The editorial is accompanied by a chart to illustrate the basic claim–witness the remarkable uptick of the curve between 2008 and 2009:

At first sight, the chart appears to sustain the WSJ charge and to indicate that federal spending under Obama is of a different order of magnitude from the past. For a moment, it shook my own antipathy to the Republican position; maybe, in all fairness, the blame deserves to be more evenly divided between the two sides of the political aisle. My curiosity aroused, I probed more deeply into the numbers (which come from the OMB website). I’d like to share what I discovered. I make no claims about any special knowledge of the intricacies of the federal budget, just an affinity with numbers.

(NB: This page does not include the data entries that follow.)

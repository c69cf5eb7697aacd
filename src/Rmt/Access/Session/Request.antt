-- ===== src/Rmt/Access/Session/Request.antt =====
-- A request of one block, and its end.
use fw.Base.{
  ℕ, suc, ◌≡◌, ◌≤◌, refl, ◌∙◌, Bool, true, false, none, some, List, [], ◌∷◌, length, arith,
}
use mathlib.Core.List.{append-nil}
use mathlib.Core.Path.{ap}
use fw.Sys.Mbox.{Memory, total_length, copy_parts, mbox_vdepositv, mbox_retrieve, mbox_deposit}
use fw.Sys.Mbox.Laws.{take-copy_parts}
use fw.Rmt.{Rmt, RmtState, rmt_query, rmt_end, rmt_arrival, rmt_request, after_request, reset_state}
use fw.Rmt.Access.{
  Access, Ui, poll_req, poll_idle, start_request, begin_response, rmt_db_poll, poll_state, RdbState,
}
use fw.Rmt.Access.Session.{box, link, access, asked, sent, polled, rounds}
use fw.Db.Field.{Field}
use fw.Db.Entry.{Db}

-- The empty block that ends a request has arrived.
abbrev pub ended : Bool → Memory → Rmt
ended b mem = record (link RmtState.req b mem none) { inbox = box (some 0) }

-- A block of a request has arrived.
abbrev pub arrived : RmtState → Bool → Memory → List ℕ → Rmt
arrived st b mem bytes = record (link st b (copy_parts mem 0 (bytes ∷ [])) none) {
  inbox = box (some (total_length (bytes ∷ [])));
}

rmt_arrival-link :
    (b : Bool) (mem : Memory) (bytes : List ℕ)
    → length bytes ≤ 256
    → rmt_arrival (link RmtState.idle b mem none) false bytes
      ≡ some (true, arrived RmtState.idle b mem bytes)
unfolding rmt_arrival reset_state mbox_deposit mbox_vdepositv total_length
rmt_arrival-link b mem bytes h = ground arith

rmt_arrival-end :
    (b : Bool) (mem : Memory)
    → rmt_arrival (link RmtState.req b mem none) false [] ≡ some (true, ended b mem)
unfolding rmt_arrival reset_state mbox_deposit mbox_vdepositv total_length copy_parts
rmt_arrival-end b mem = refl

rmt_request-arrived :
    (b : Bool) (mem : Memory) (c : ℕ) (bytes : List ℕ)
    → length (c ∷ bytes) ≤ 256
    → rmt_request (arrived RmtState.idle b mem (c ∷ bytes)) 256
      ≡ some (
        some (suc (length bytes)),
        c ∷ bytes,
        link RmtState.req b (copy_parts mem 0 ((c ∷ bytes) ∷ [])) none,
      )
unfolding rmt_request mbox_retrieve after_request total_length
rmt_request-arrived b mem c bytes h =
    ground (arith, take-copy_parts ((c ∷ bytes) ∷ []) mem, append-nil (c ∷ bytes))

module _ (u : Ui) {S : Type 0} (behind : List ℕ) (d : Db S) where
  pub sent-some :
      (x : Access) (r r' : Rmt) (s : u.State) (bytes : List ℕ)
      → rmt_arrival r false bytes ≡ some (true, r')
      → sent u behind d bytes (some (x, r, s)) ≡ some (x, r', s)
  sent-some x r r' s bytes e = rw (sent, e) refl

  poll-first :
      (o g op : ℕ) (de args : List ℕ) (f : List Field) (b : Bool) (mem : Memory) (s s' : u.State)
      (x : Access)
      → length (op ∷ args) ≤ 256
      → start_request u behind d (access RdbState.req op d.generation de f) op args s ≡ (x, s')
      → rmt_db_poll u behind d
          (access RdbState.idle o g de f)
          (arrived RmtState.idle b mem (op ∷ args))
          s
        ≡ some (x, link RmtState.req b (copy_parts mem 0 ((op ∷ args) ∷ [])) none, s')
  unfolding rmt_db_poll poll_state poll_idle
  poll-first o g op de args f b mem s s' x h e = rw (rmt_request-arrived b mem op args h, e) refl

  pub asked-start_request :
      (o g op : ℕ) (de args : List ℕ) (f : List Field) (b : Bool) (mem : Memory) (s s' : u.State)
      (x : Access)
      → length (op ∷ args) ≤ 256
      → start_request u behind d (access RdbState.req op d.generation de f) op args s ≡ (x, s')
      → asked u behind d
          (op ∷ args)
          (some (access RdbState.idle o g de f, link RmtState.idle b mem none, s))
        ≡ some (x, ended b (copy_parts mem 0 ((op ∷ args) ∷ [])), s')
  asked-start_request o g op de args f b mem s s' x h e =
      ap (λ t. sent u behind d [] (polled u behind d t))
        (sent-some _ _ _ s (op ∷ args) (rmt_arrival-link b mem (op ∷ args) h))
      ∙ (ap (sent u behind d []) (poll-first o g op de args f b mem s s' x h e)
          ∙ sent-some x _ _ s' [] (rmt_arrival-end b (copy_parts mem 0 ((op ∷ args) ∷ []))))

  -- The end of the request is met: the response begins in the same poll.
  pub rounds-ended :
      (n op : ℕ) (de : List ℕ) (f : List Field) (b : Bool) (mem : Memory) (s : u.State)
      → begin_response (access RdbState.req op d.generation de f)
        ≡ access RdbState.res op d.generation de f
      → rounds u behind d (suc n) (some (access RdbState.req op d.generation de f, ended b mem, s))
        ≡ rounds u behind d
            (suc n)
            (some (access RdbState.res op d.generation de f, link RmtState.res b mem none, s))
  unfolding rounds rmt_db_poll poll_state poll_req rmt_request mbox_retrieve after_request
  rounds-ended n op de f b mem s e = rw e refl

  -- A response with no block but the last.
  pub rounds-empty :
      (op : ℕ) (de : List ℕ) (f : List Field) (b : Bool) (mem : Memory) (s : u.State)
      → begin_response (access RdbState.req op d.generation de f)
        ≡ access RdbState.end op d.generation de f
      → rounds u behind d 2 (some (access RdbState.req op d.generation de f, ended b mem, s))
        ≡ some
            ([] ∷ [], (access RdbState.idle op d.generation de f, link RmtState.idle b mem none, s))
  unfolding rounds rmt_db_poll poll_state poll_req rmt_request mbox_retrieve after_request rmt_query
      rmt_end mbox_vdepositv total_length copy_parts
  rounds-empty op de f b mem s e = rw e refl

If you have followed me this far, you may have guessed what is coming—the discovery of a deceptive use of data. It begins with a disturbing piece of disingenuousness, if not dishonesty, in the WSJ editorial, which places the responsibility for remarkably high level of fiscal year (FY) 2009 expenditures entirely at Obama’s door. But a federal fiscal year begins on October 1 of the prior year, and the Bush White House was therefore the source of the FY 2009 budget passed by Congress and responsible for spending some of the money. The budget as proposed authorized $3.1 . . .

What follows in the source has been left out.